• _Records from a dataset_:
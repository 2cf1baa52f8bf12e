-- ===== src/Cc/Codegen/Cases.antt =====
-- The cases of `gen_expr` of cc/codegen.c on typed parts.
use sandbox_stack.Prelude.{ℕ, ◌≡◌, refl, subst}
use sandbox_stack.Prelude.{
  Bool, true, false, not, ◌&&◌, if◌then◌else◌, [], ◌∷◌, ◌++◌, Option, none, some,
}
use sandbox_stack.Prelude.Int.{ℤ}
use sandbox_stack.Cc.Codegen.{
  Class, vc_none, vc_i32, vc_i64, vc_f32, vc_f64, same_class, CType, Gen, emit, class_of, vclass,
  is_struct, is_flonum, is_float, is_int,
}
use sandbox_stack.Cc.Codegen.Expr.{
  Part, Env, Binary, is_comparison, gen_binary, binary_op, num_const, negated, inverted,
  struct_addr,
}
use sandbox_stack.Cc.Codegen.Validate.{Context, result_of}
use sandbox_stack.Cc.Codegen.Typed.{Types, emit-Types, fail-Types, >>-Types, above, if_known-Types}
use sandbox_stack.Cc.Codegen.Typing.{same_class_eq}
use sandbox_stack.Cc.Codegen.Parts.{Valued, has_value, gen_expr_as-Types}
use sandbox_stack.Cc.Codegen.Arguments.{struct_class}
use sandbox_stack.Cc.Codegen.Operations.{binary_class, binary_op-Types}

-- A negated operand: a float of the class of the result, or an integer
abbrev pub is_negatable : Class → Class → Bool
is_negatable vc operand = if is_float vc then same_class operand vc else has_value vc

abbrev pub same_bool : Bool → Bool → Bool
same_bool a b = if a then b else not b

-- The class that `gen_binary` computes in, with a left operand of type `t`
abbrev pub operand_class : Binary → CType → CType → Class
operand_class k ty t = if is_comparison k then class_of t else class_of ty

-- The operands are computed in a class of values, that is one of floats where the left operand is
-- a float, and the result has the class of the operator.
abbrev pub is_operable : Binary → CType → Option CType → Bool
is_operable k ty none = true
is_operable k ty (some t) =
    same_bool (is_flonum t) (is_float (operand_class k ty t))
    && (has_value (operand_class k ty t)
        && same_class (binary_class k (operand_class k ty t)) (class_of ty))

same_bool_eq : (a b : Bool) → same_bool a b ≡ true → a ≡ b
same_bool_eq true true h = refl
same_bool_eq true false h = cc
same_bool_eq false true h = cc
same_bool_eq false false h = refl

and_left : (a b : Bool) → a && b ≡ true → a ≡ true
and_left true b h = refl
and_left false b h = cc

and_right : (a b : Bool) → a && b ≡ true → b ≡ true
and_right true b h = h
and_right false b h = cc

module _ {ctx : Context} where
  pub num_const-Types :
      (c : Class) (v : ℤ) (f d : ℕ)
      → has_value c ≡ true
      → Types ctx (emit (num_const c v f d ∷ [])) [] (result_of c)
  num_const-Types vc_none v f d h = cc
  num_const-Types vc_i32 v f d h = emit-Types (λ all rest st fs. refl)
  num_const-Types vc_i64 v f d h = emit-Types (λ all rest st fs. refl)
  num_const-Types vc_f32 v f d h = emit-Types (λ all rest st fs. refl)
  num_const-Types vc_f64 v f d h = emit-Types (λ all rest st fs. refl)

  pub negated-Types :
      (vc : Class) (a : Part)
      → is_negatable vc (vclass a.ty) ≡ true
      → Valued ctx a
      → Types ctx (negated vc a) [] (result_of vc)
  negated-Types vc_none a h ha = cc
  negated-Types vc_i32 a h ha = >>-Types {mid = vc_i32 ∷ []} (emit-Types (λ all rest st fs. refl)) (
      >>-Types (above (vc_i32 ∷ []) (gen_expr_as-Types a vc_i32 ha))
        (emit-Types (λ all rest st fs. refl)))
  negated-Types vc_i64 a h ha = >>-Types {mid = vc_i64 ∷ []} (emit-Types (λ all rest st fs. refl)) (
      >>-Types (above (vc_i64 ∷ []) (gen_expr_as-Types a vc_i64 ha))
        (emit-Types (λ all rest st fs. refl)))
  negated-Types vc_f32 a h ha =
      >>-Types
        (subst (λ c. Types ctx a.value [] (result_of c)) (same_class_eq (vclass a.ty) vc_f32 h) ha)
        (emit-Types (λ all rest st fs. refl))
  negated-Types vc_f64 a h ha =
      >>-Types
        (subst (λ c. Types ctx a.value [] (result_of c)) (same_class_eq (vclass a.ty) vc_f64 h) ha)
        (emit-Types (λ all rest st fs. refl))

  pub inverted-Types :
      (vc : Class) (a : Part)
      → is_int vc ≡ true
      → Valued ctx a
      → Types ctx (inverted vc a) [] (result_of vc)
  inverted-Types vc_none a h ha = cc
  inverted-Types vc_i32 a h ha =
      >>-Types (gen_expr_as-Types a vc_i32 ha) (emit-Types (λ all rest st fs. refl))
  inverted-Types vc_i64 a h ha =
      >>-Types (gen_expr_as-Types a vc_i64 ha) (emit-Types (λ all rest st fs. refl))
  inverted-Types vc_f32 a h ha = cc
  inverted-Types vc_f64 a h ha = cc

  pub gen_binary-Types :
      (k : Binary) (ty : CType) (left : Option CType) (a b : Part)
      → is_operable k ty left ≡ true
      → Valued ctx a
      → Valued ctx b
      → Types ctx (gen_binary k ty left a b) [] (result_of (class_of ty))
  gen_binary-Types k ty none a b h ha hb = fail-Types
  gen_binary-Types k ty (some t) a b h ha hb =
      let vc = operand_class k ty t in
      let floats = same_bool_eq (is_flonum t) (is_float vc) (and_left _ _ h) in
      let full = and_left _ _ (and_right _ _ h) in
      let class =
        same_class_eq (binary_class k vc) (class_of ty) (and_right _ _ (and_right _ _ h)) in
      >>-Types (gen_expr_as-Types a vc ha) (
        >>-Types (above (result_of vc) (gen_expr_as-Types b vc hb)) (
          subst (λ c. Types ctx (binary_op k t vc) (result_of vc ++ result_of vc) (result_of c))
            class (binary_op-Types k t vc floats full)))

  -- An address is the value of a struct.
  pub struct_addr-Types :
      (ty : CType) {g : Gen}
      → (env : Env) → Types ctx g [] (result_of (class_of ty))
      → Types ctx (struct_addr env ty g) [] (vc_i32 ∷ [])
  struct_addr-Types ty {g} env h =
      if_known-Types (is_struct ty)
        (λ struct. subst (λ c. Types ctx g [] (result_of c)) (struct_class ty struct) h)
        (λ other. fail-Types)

• _Work to be completed_: Looking at the data above, report how many of its lines include the word "fail". The number alone is the answer.

• _Written answer_: 3